= Your goal =
Please repeat, from the entries that follow, the lines from the one containing "let bs = 0x6f ∷ take len buffer in" through the one containing "z ↦ inr (e, z)" exactly, adding nothing.

= The data =

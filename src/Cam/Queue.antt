-- ===== src/Cam/Queue.antt =====
-- The queue of messages against the sequence of bytes that wait in it.
use tuxbox_git_driver.Common.{
  ℕ, ◌+◌, ◌-◌, ◌%◌, ◌≤◌, ◌<◌, ◌≡◌, ◌≢◌, ◌↔◌, ◌⊎◌, inl, inr, ap, sym, ◌∙◌, List, [], ◌∷◌, ◌++◌, true,
  false, arith, ltb, if◌then◌else◌, length, take, drop, slice, memcpy, set-memcpy, length-set,
  length-take, length-append, append_assoc, append-nil, nil_of_length, take-all, drop-all, ◌==◌,
  ℕ_discrete,
}
use native.Mathlib.Nat.{mod-eq_of_lt}
use tuxbox_git_driver.Circular
use tuxbox_git_driver.Circular.{
  used, wrap, fetch_at, store_at, store_at_fits, mod_wrap, contents-skip, length-fetch_at,
  contents-store_at, fetch_at-take,
}
use tuxbox_git_driver.Cam.{
  Cam, queue_size, queued, poll, read_message, put_byte, put_bytes, queue_message,
}

-- The read index may stand behind the last byte, where it counts as the start.
pub record IsValid (c : Cam) : Type 0 where
  pub storage : length c.queue ≡ queue_size
  pub wptr_in : c.queuewptr < queue_size
  pub rptr_in : c.queuerptr ≤ queue_size

abbrev pub start : Cam → ℕ
start c = if ltb c.queuerptr queue_size then c.queuerptr else 0

-- The bytes that wait, oldest first.
abbrev pub contents : Cam → List ℕ
contents c = Circular.contents c.queue queue_size (start c) c.queuewptr

pub length-contents : {c : Cam} → IsValid c → length (contents c) ≡ queued c
length-contents {c} v =
    ground (arith, Circular.length-contents c.queue queue_size (omega arith) (start c) c.queuewptr)

slice_zero : (q : List ℕ) (p n : ℕ) → n ≡ 0 → slice q p n ≡ []
slice_zero q p n e = ap (λ k. take k (drop p q)) e

-- Taking more than there is takes all.
take_min :
    (count : ℕ) (xs : List ℕ)
    → let n = if ltb count (length xs) then count else length xs in
      (take count xs ≡ take n xs) × (drop count xs ≡ drop n xs)
take_min count xs = (
  ground (arith, take-all count xs, take-all (length xs) xs),
  ground (arith, drop-all count xs, drop-all (length xs) xs),
)

module _ (count : ℕ) {c : Cam} (v : IsValid c) where
  abbrev amount : ℕ
  amount = if ltb count (queued c) then count else queued c

  amount_le : amount ≤ used queue_size (start c) c.queuewptr
  amount_le = ground arith

  read_out : (read_message count c).1 ≡ fetch_at c.queue queue_size (start c) amount
  unfolding read_message fetch_at
  read_out = ground (
    arith,
    slice_zero c.queue c.queuerptr (queue_size - c.queuerptr),
    slice_zero c.queue c.queuerptr amount,
    slice_zero c.queue 0 amount,
  )

  read_start :
      let c' = (read_message count c).2 in
      (start c' ≡ wrap queue_size (start c + amount))
      × (c'.queuerptr ≤ queue_size)
      × (c'.queue ≡ c.queue)
      × (c'.queuewptr ≡ c.queuewptr)
      × ((read_message count c).0 ≡ amount)
  unfolding read_message
  read_start = ground arith

-- cam_read_message returns the oldest bytes, as many as were asked for or there are, and takes exactly
-- those off.
pub read_message_refines :
    (count : ℕ) {c : Cam}
    → IsValid c
    → let (cb, out, c') = read_message count c in
      (cb ≡ length out)
      × (out ≡ take count (contents c))
      × (contents c' ≡ drop count (contents c))
      × IsValid c'
read_message_refines count {c} v =
    let (at, inside, same, kept, cb) = read_start count v in
    let fits : queue_size ≤ length c.queue = omega arith in
    let s_in : start c < queue_size = ground arith in
    let n = amount count v in
    let n_le = amount_le count v in
    let all = rw (length-contents v) at (take_min count (contents c)) in
    let moved = mod_wrap c.queue queue_size fits (start c + n) (ground arith) in
    let skipped =
      contents-skip c.queue queue_size fits (start c) c.queuewptr n s_in v.wptr_in n_le in
    let fetched =
      fetch_at-take c.queue queue_size fits (start c) c.queuewptr n s_in v.wptr_in n_le in
    (
      omega (
        arith,
        cb,
        ap length (read_out count v),
        length-fetch_at c.queue queue_size fits (start c) n s_in (ground arith),
      ),
      read_out count v ∙ fetched ∙ sym all.0,
      cc (at, same, kept, moved, skipped, all.1),
      record {
        storage = ap length same ∙ v.storage;
        wptr_in = omega (arith, kept);
        rptr_in = inside;
      },
    )

-- One byte into a queue that is not full but for one.
put_byte_lem :
    (b : ℕ) {c : Cam}
    → IsValid c
    → length (contents c) + 1 < queue_size
    → (contents (put_byte b c) ≡ contents c ++ b ∷ []) × IsValid (put_byte b c)
unfolding put_byte
put_byte_lem b {c} v h =
    let fits : queue_size ≤ length c.queue = omega arith in
    let one : memcpy c.queue c.queuewptr (b ∷ [])
        ≡ store_at c.queue queue_size c.queuewptr (b ∷ []) =
      store_at_fits c.queue queue_size c.queuewptr (b ∷ []) (omega arith) in
    let next : (if c.queuewptr + 1 == queue_size then 0 else c.queuewptr + 1)
        ≡ (c.queuewptr + 1) % queue_size =
      ground arith in
    (
      rw (set-memcpy c.queue c.queuewptr b, one, next)
          (contents-store_at c.queue queue_size (start c) c.queuewptr (b ∷ []) fits (ground arith)
            (omega arith)
            (omega (
              arith,
              Circular.length-contents c.queue queue_size fits (start c) c.queuewptr (ground arith)
                  (omega arith),
            ))),
      ground (arith, length-set c.queue c.queuewptr b),
    )

-- The read index stays where it is.
put_bytes_lem :
    (bs : List ℕ) {c : Cam}
    → IsValid c
    → length (contents c) + length bs < queue_size
    → (contents (put_bytes bs c) ≡ contents c ++ bs) × IsValid (put_bytes bs c)
unfolding put_bytes
put_bytes_lem [] {c} v h = (sym (append-nil (contents c)), v)
put_bytes_lem (b ∷ bs) {c} v h =
    let (e, v') = put_byte_lem b v (omega arith) in
    let long : length (contents (put_byte b c)) ≡ length (contents c) + 1 =
      omega (arith, ap length e, length-append (contents c) (b ∷ [])) in
    let (e', v'') = put_bytes_lem bs v' (omega arith) in
    (e' ∙ ap (λ l. l ++ bs) e ∙ append_assoc (contents c) (b ∷ []) bs, v'')

-- A message that leaves at least one byte of the queue free is queued behind what waits, with the byte
-- 0x6f before it.
pub queue_message_refines :
    (buffer : List ℕ) (len : ℕ) {c : Cam}
    → IsValid c
    → len ≤ length buffer
    → length (contents c) + len + 1 < queue_size
    → (contents (queue_message buffer len c) ≡ contents c ++ 0x6f ∷ take len buffer)
      × IsValid (queue_message buffer len c)
unfolding queue_message
queue_message_refines buffer len {c} v h room =
    let (e, v') = put_byte_lem 0x6f v (omega arith) in
    let long : length (contents (put_byte 0x6f c)) ≡ length (contents c) + 1 =
      omega (arith, ap length e, length-append (contents c) (0x6f ∷ [])) in
    let (e', v'') = put_bytes_lem (take len buffer) v' (omega (arith, length-take len buffer)) in
    let fits : ltb (queue_size - queued c) len ≡ false = ground (arith, length-contents v) in
    rw fits (
      e'
          ∙ ap (λ l. l ++ take len buffer) e
          ∙ append_assoc (contents c) (0x6f ∷ []) (take len buffer),
      v'',
    )

-- The index after some bytes were put.
put_bytes_wptr :
    (bs : List ℕ) (c : Cam)
    → c.queuewptr < queue_size
    → ((put_bytes bs c).queuewptr ≡ (c.queuewptr + length bs) % queue_size)
      × ((put_bytes bs c).queuerptr ≡ c.queuerptr)
unfolding put_bytes put_byte
put_bytes_wptr [] c h = omega arith
put_bytes_wptr (b ∷ bs) c h = ground (arith, put_bytes_wptr bs (put_byte b c))

-- Nothing waits where the indices meet.
contents_met : (c : Cam) → c.queuewptr < queue_size → c.queuewptr ≡ c.queuerptr → contents c ≡ []
unfolding Circular.contents
contents_met c h e = ground (arith, slice_zero c.queue (start c) (c.queuewptr - start c))

-- The test before a message is queued counts neither the byte 0x6f nor the byte that has to stay free:
-- a message that with its first byte fills the queue exactly is accepted, and leaves the queue empty.
pub queue_message_overrun :
    (buffer : List ℕ) (len : ℕ) {c : Cam}
    → IsValid c
    → c.queuerptr < queue_size
    → len ≤ length buffer
    → queued c + len + 1 ≡ queue_size
    → let c' = queue_message buffer len c in (c'.queuewptr ≡ c'.queuerptr) × (contents c' ≡ [])
unfolding queue_message put_bytes
queue_message_overrun buffer len {c} v low h full =
    let fits : ltb (queue_size - queued c) len ≡ false = ground (arith, length-contents v) in
    let bs = 0x6f ∷ take len buffer in
    let (at, kept) = put_bytes_wptr bs c v.wptr_in in
    let long : length bs ≡ len + 1 = omega (arith, length-take len buffer) in
    let met : (put_bytes bs c).queuewptr ≡ (put_bytes bs c).queuerptr =
      ground (arith, mod-eq_of_lt low) in
    rw fits (met, contents_met (put_bytes bs c) (omega arith) met)

-- cam_poll reports bytes exactly if some wait, or if the read index stands behind the end of the array
-- and the write index at its start.
pub poll_lem :
    {c : Cam}
    → IsValid c
    → (poll c ≡ true) ↔ ((contents c ≢ []) ⊎ ((c.queuerptr ≡ queue_size) × (c.queuewptr ≡ 0)))
unfolding poll
poll_lem {c} v = (
  λ on. elim (ℕ_discrete c.queuerptr queue_size) [
    | yes e ↦ elim (ℕ_discrete c.queuewptr 0) [
      | yes z ↦ inr (e, z)
      | no z ↦ inl λ n. ground (arith, length-contents v, ap length n)
    ]
    | no e ↦ inl λ n. ground (arith, length-contents v, ap length n)
  ],
  λ x. elim x [
    | inl n ↦ elim (ℕ_discrete (length (contents c)) 0) [
      | yes z ↦ absurd (n (nil_of_length (contents c) z))
      | no z ↦ ground (arith, length-contents v)
    ]
    | inr (e, z) ↦ ground arith
  ],
)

= Answer below =
    let bs = 0x6f ∷ take len buffer in
    let (at, kept) = put_bytes_wptr bs c v.wptr_in in
    let long : length bs ≡ len + 1 = omega (arith, length-take len buffer) in
    let met : (put_bytes bs c).queuewptr ≡ (put_bytes bs c).queuerptr =
      ground (arith, mod-eq_of_lt low) in
    rw fits (met, contents_met (put_bytes bs c) (omega arith) met)

-- cam_poll reports bytes exactly if some wait, or if the read index stands behind the end of the array
-- and the write index at its start.
pub poll_lem :
    {c : Cam}
    → IsValid c
    → (poll c ≡ true) ↔ ((contents c ≢ []) ⊎ ((c.queuerptr ≡ queue_size) × (c.queuewptr ≡ 0)))
unfolding poll
poll_lem {c} v = (
  λ on. elim (ℕ_discrete c.queuerptr queue_size) [
    | yes e ↦ elim (ℕ_discrete c.queuewptr 0) [
      | yes z ↦ inr (e, z)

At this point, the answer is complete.